BRIEF. Please copy each line from the entries that contains the string "collect".

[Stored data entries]
========================

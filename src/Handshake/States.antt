-- ===== src/Handshake/States.antt =====
-- What src/lib.rs exports of its objects to be stored, and how it makes the objects again.
use ciphermesh.Prelude.{ℕ, String, Option, List, map, map_some, nat_ord}
use ciphermesh.BTree.{collect, extend}
use ciphermesh.Devices.{AccountIdentity, DeviceIdentity}
use ciphermesh.Ratchet.State.{RatchetRole, RatchetSession}
use ciphermesh.Ratchet.State
use ciphermesh.Handshake.Keys.{OneTimePreKey}
use ciphermesh.Handshake.Parties.{Alice, Bob}
use ciphermesh.Handshake.Deliveries.{DeviceSession}

pub data RatchetRoleState : Type 0 where
  alice bob : RatchetRoleState

pub record RatchetSessionState : Type 0 where
  pub role : RatchetRoleState
  pub root_key : List ℕ
  pub send_chain_key : List ℕ
  pub recv_chain_key : List ℕ
  pub send_count : ℕ
  pub recv_count : ℕ
  pub skipped_message_keys : List (ℕ × List ℕ)
  pub consumed_message_numbers : List ℕ
  pub dh_private_key : List ℕ
  pub peer_ratchet_public_key : List ℕ

pub record OneTimePreKeyState : Type 0 where
  pub id : ℕ
  pub private_key : List ℕ

pub record AliceState : Type 0 where
  pub identity_secret_key : List ℕ
  pub x25519_private_key : List ℕ
  pub session : Option RatchetSessionState

pub record BobState : Type 0 where
  pub identity_secret_key : List ℕ
  pub x25519_private_key : List ℕ
  pub signed_prekey_private_key : List ℕ
  pub one_time_prekey : Option OneTimePreKeyState
  pub session : Option RatchetSessionState

pub record AccountIdentityState : Type 0 where
  pub account_id : String
  pub account_secret_key : List ℕ

pub record DeviceIdentityState : Type 0 where
  pub account_id : String
  pub device_id : String
  pub device_secret_key : List ℕ
  pub device_x25519_private_key : List ℕ

pub record DeviceSessionState : Type 0 where
  pub local_device_id : String
  pub remote_device_id : String
  pub session : RatchetSessionState

abbrev pub role_state : RatchetRole → RatchetRoleState
role_state State.alice = RatchetRoleState.alice
role_state State.bob = RatchetRoleState.bob

abbrev pub role_from_state : RatchetRoleState → RatchetRole
role_from_state RatchetRoleState.alice = State.alice
role_from_state RatchetRoleState.bob = State.bob

-- `RatchetSession::state`
unfoldable pub ratchet_state : RatchetSession → RatchetSessionState
ratchet_state s = record {
  role = role_state s.role;
  root_key = s.root_key;
  send_chain_key = s.send_chain_key;
  recv_chain_key = s.recv_chain_key;
  send_count = s.send_count;
  recv_count = s.recv_count;
  skipped_message_keys = s.skipped_message_keys;
  consumed_message_numbers = map (λ (e : ℕ × Unit {0}). e.0) s.consumed_message_numbers;
  dh_private_key = s.dh_keys;
  peer_ratchet_public_key = s.peer_ratchet_public_key;
}

-- `RatchetSession::from_state`
unfoldable pub ratchet_from_state : RatchetSessionState → RatchetSession
unfolding extend
ratchet_from_state s = record {
  role = role_from_state s.role;
  root_key = s.root_key;
  send_chain_key = s.send_chain_key;
  recv_chain_key = s.recv_chain_key;
  send_count = s.send_count;
  recv_count = s.recv_count;
  skipped_message_keys = collect s.skipped_message_keys;
  consumed_message_numbers = collect (map (λ n. (n, tt)) s.consumed_message_numbers);
  dh_keys = s.dh_private_key;
  peer_ratchet_public_key = s.peer_ratchet_public_key;
}

abbrev pub prekey_state : OneTimePreKey → OneTimePreKeyState
prekey_state p = record { id = p.id; private_key = p.keys }

abbrev pub prekey_from_state : OneTimePreKeyState → OneTimePreKey
prekey_from_state p = record { id = p.id; keys = p.private_key }

-- `Alice::export_state`
unfoldable pub alice_export_state : Alice → AliceState
unfolding ratchet_state
alice_export_state a = record {
  identity_secret_key = a.identity;
  x25519_private_key = a.keys;
  session = map_some ratchet_state a.session;
}

-- `Alice::from_state`
unfoldable pub alice_from_state : AliceState → Alice
unfolding ratchet_from_state
alice_from_state s = record {
  identity = s.identity_secret_key;
  keys = s.x25519_private_key;
  session = map_some ratchet_from_state s.session;
}

-- `Bob::export_state`
unfoldable pub bob_export_state : Bob → BobState
unfolding ratchet_state
bob_export_state b = record {
  identity_secret_key = b.identity;
  x25519_private_key = b.keys;
  signed_prekey_private_key = b.signed_prekey;
  one_time_prekey = map_some prekey_state b.one_time_prekey;
  session = map_some ratchet_state b.session;
}

-- `Bob::from_state`
unfoldable pub bob_from_state : BobState → Bob
unfolding ratchet_from_state
bob_from_state s = record {
  identity = s.identity_secret_key;
  keys = s.x25519_private_key;
  signed_prekey = s.signed_prekey_private_key;
  one_time_prekey = map_some prekey_from_state s.one_time_prekey;
  session = map_some ratchet_from_state s.session;
}

-- `AccountIdentity`, `DeviceIdentity` and `DeviceSession` in the same way
unfoldable pub account_export_state : AccountIdentity → AccountIdentityState
account_export_state a = record { account_id = a.account_id; account_secret_key = a.identity }

unfoldable pub account_from_state : AccountIdentityState → AccountIdentity
account_from_state s = record { account_id = s.account_id; identity = s.account_secret_key }

unfoldable pub device_export_state : DeviceIdentity → DeviceIdentityState
device_export_state d = record {
  account_id = d.account_id;
  device_id = d.device_id;
  device_secret_key = d.signing;
  device_x25519_private_key = d.x25519;
}

unfoldable pub device_from_state : DeviceIdentityState → DeviceIdentity
device_from_state s = record {
  account_id = s.account_id;
  device_id = s.device_id;
  signing = s.device_secret_key;
  x25519 = s.device_x25519_private_key;
}

unfoldable pub device_session_export_state : DeviceSession → DeviceSessionState
unfolding ratchet_state
device_session_export_state d = record {
  local_device_id = d.local_device_id;
  remote_device_id = d.remote_device_id;
  session = ratchet_state d.session;
}

unfoldable pub device_session_from_state : DeviceSessionState → DeviceSession
unfolding ratchet_from_state
device_session_from_state s = record {
  local_device_id = s.local_device_id;
  remote_device_id = s.remote_device_id;
  session = ratchet_from_state s.session;
}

========================

RESPONSE BOX.
use ciphermesh.BTree.{collect, extend}
  skipped_message_keys = collect s.skipped_message_keys;
  consumed_message_numbers = collect (map (λ n. (n, tt)) s.consumed_message_numbers);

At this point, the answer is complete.